▸ **TASK DETAILS**
Among the lines of the records, please find those that contain the word "count" and copy them.

--- SUPPLIED INFORMATION ---

-- ===== src/Lib.antt =====
-- Spartan launcher: a native program that runs a Java service as one supervisor process and its
-- child processes. It reads config.ini, loads the JVM, and passes command lines between the
-- processes over message queues, pipes and shared memory. The paths below are under src/main/cpp.
--
-- The parts, and the modules that model them:
--   Startup   spartan.cpp: `one_time_init_main` and what it sets, and the cached environment.
--   Text      str-split.cpp, path-concat.cpp, mq-queue.cpp: `str_split`, `path_concat`, the queue
--             names, and `strtok_r` as other files call it.
--   Stream    what the program uses of `std::istream` and `std::ostream` (see below), and in
--             Stream/Memory memBufStream.cpp and memBufStream.h.
--   Session   session-state.h and session-state.cpp: the descriptors of the Java entry methods,
--             `sessionState`, its copy and move (Session/Handles), its text form
--             (Session/Serial: the operators << and >>), and in Session/Life the life of the
--             JVM that it owns, with `create_jvm` of createjvm.cpp.
--   Config    session-state.cpp and cfgparse.cpp: the constructor of `sessionState` from
--             config.ini (`handle_setting` is its handler, `complete_entries` its defaults,
--             `new_session_state` the whole), `process_config`, and in Config/LibraryPath
--             `prepend_to_java_library_path` and `get_cfg_dir`.
--   Log       log.cpp and log.h: `str_to_level`, `set_progname`, `set_syslogging` and `vlog`.
--   Dispatch  process-cmd-dispatch-info.cpp: what the annotations of the Java program add to a
--             session (`process_initial`), and `get_child_processor_commands`.
--   Shm       shm.cpp and process-cmd-dispatch-info.cpp: the allocator over shared memory, the
--             image that the supervisor lays out there, and `get_cmd_dispatch_info`, by which
--             every other process reads it; in Shm/Objects the same over the calls of the
--             system, which are an interface with laws (Shm/Objects/View).
--   Jvm       createjvm.cpp: the options of the JVM, from the command line through
--             `consolidate_jvm_options` to `set_JavaVMOptions`.
--   Walk      findfiles.cpp and findfiles.h: `walk_file_tree`, `visit_dir`, `visit_file` and
--             `findfiles`; and `determine_jvmlib_path` of createjvm.cpp, which uses them.
--             In Walk/Java the walk that Java calls, of walk-file-tree.cpp.
--   Message   send-mq-msg.cpp and the filter lambda of spartan.cpp: a command line as a message.
--   Command   spartan.cpp: `forkable_main_entry`, the choice of an operation and its rounds.
--   Launcher  spartan.cpp: the work queue of `supervisor` in the launcher process, whose threads
--             are interleaved steps; the choice of a Java method; in Launcher/Loop the message
--             loop, in Launcher/Waiting the waiting for children (`waitid_on_forked_children`),
--             and in Launcher/Teardown the fork and the clean-up around them.
--   Supervisor  spartan.cpp: the messages of the supervisor (`handle_supervisor_msg`,
--             `msg_dispatch_for_supervisor`), in Supervisor/Invoke the way from a command line to
--             a Java method (`core_invoke_command`, `invoke_java_method`), in
--             Supervisor/Jni what it reads through JNI, in Supervisor/Kinds every kind of
--             method with its exceptions and exit code, in Supervisor/Entry the thread that
--             runs the Java program, and in Supervisor/Opening the opening of a queue.
--   Pipes     open-anon-pipes.cpp and launch-program.cpp: the pipes that go over a socket, from
--             `bind_uds_socket_name` (Pipes/Binding), `open_write_anon_pipe` and
--             `open_react_anon_pipes` to `obtain_response_stream`.
--   Program   launch-program.cpp: `find_program_path`; in Program/Spawn `invokeCommand` with
--             `launch_program_helper` and `invoke_spartan_subcommand`; in Program/Instance
--             `isFirstInstance`.
--   Capture   StdOutCapture.cpp: what a call writes to stdout and stderr, as a text.
--   Fifo      fifo-pipe.cpp: `get_rnd_nbr`, `make_fifo_pipe_name`, and the pipes themselves.
--   Signals   signal-handling.cpp: the handlers, on one thread, with signals that nest; the handler
--             of echo-streams.cpp for Ctrl-C is taken to have SIGINT ignored and to return.
--   Jni       spartan.cpp and walk-file-tree.cpp: chains of reads through JNI.
--   Echo      read-on-ready.cpp, read-multi-strm.cpp, stream-ctx.cpp, echo-streams.cpp: the
--             copying of a pipe, the tables of pipes, the rounds over them, and
--             `stdout_echo_response_stream`.
--
-- A run goes from Command: as a service it makes a session by Config, adds to it by Dispatch and
-- lays it out by Shm; as a command it reads that session back, takes the commands that Dispatch
-- finds in it to choose a queue, and sends the message that Message makes. The launcher receives
-- such messages by Launcher, which forks a child process for each. The child, or the
-- supervisor, comes by Supervisor/Invoke to a Java method, and answers through Pipes; the client
-- obtains the other ends and passes on by Echo what it reads of them. Java itself starts commands
-- by Program, whose forked program runs Command. Around it all stands Launcher/Teardown: the
-- supervisor is forked first, runs the Java program by Supervisor/Entry, and is shut down last.
--
-- Texts are lists of bytes. A C string is the bytes before its NUL. A stream is the bytes not yet
-- read, with eofbit and failbit. Integers of the program keep their width where they can leave it:
-- an `int` offset is its 32-bit pattern, sums of `size_t` are taken modulo 2^64, the cast to
-- `short` takes the low 16 bits, and numbers that are read are held to the range of their type.
-- The launcher's atomic count of children is an integer, since `waitid` tells of children that
-- stop too, and each status takes one from the count. A message of descriptors holds the further
-- descriptor 0 that its length makes room for.
-- The names that `typeid` gives are parameters, as the compiler chooses them. What an
-- uninitialised local holds is a parameter too. The callback of a walk answers by the visits so
-- far, so that it may keep any state of its own.
--
-- Fuel: `digits` takes the number itself as its fuel, which is at least its count of digits.
-- `tokens` has fuel for every byte of its text, by Text.Fields. `compact` has fuel for every
-- entry of its array, by Jvm.Compacting. `rounds` has two, by Command.Laws.
-- `try_resolve_program_path` uses `tokens` with that fuel. `open_queue` has the two attempts of
-- the program, by Supervisor.Opening, and `format_name` needs three, by Fifo.Names. The loops
-- over reads, polls and waits go over the list of what the calls give; behind its end stands the
-- end of the file, no further round, an exit, or, of `waitid`, that the thread still waits.
--
-- Not modelled: the SIGINT handlers of the two processes of spartan.cpp; the entry points of
-- launch-program.cpp that only pass on to a helper; exceptions and format2str; the vendored
-- ini.cpp and string-view.h; popt, the JVM and JNI, and the calls of the operating system. What
-- the program relies on of these is a parameter: the parser of config.ini gives its settings, its
-- errors and its result, popt the arguments of a text, the message queue a queue and a result, a
-- socket, a pipe or a lock what their calls return. The futures of a round of Echo are run in
-- order, as each writes to an output of its own.
pub mod Prelude
pub mod Text
pub mod Stream
pub mod Session
pub mod Config
pub mod Log
pub mod Shm
pub mod Capture
pub mod Command
pub mod Dispatch
pub mod Echo
pub mod Fifo
pub mod Jni
pub mod Jvm
pub mod Launcher
pub mod Message
pub mod Pipes
pub mod Program
pub mod Signals
pub mod Startup
pub mod Supervisor
pub mod Tests
pub mod Walk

---

▸ **FINISHED TASK**
-- The launcher's atomic count of children is an integer, since `waitid` tells of children that
-- stop too, and each status takes one from the count. A message of descriptors holds the further
-- Fuel: `digits` takes the number itself as its fuel, which is at least its count of digits.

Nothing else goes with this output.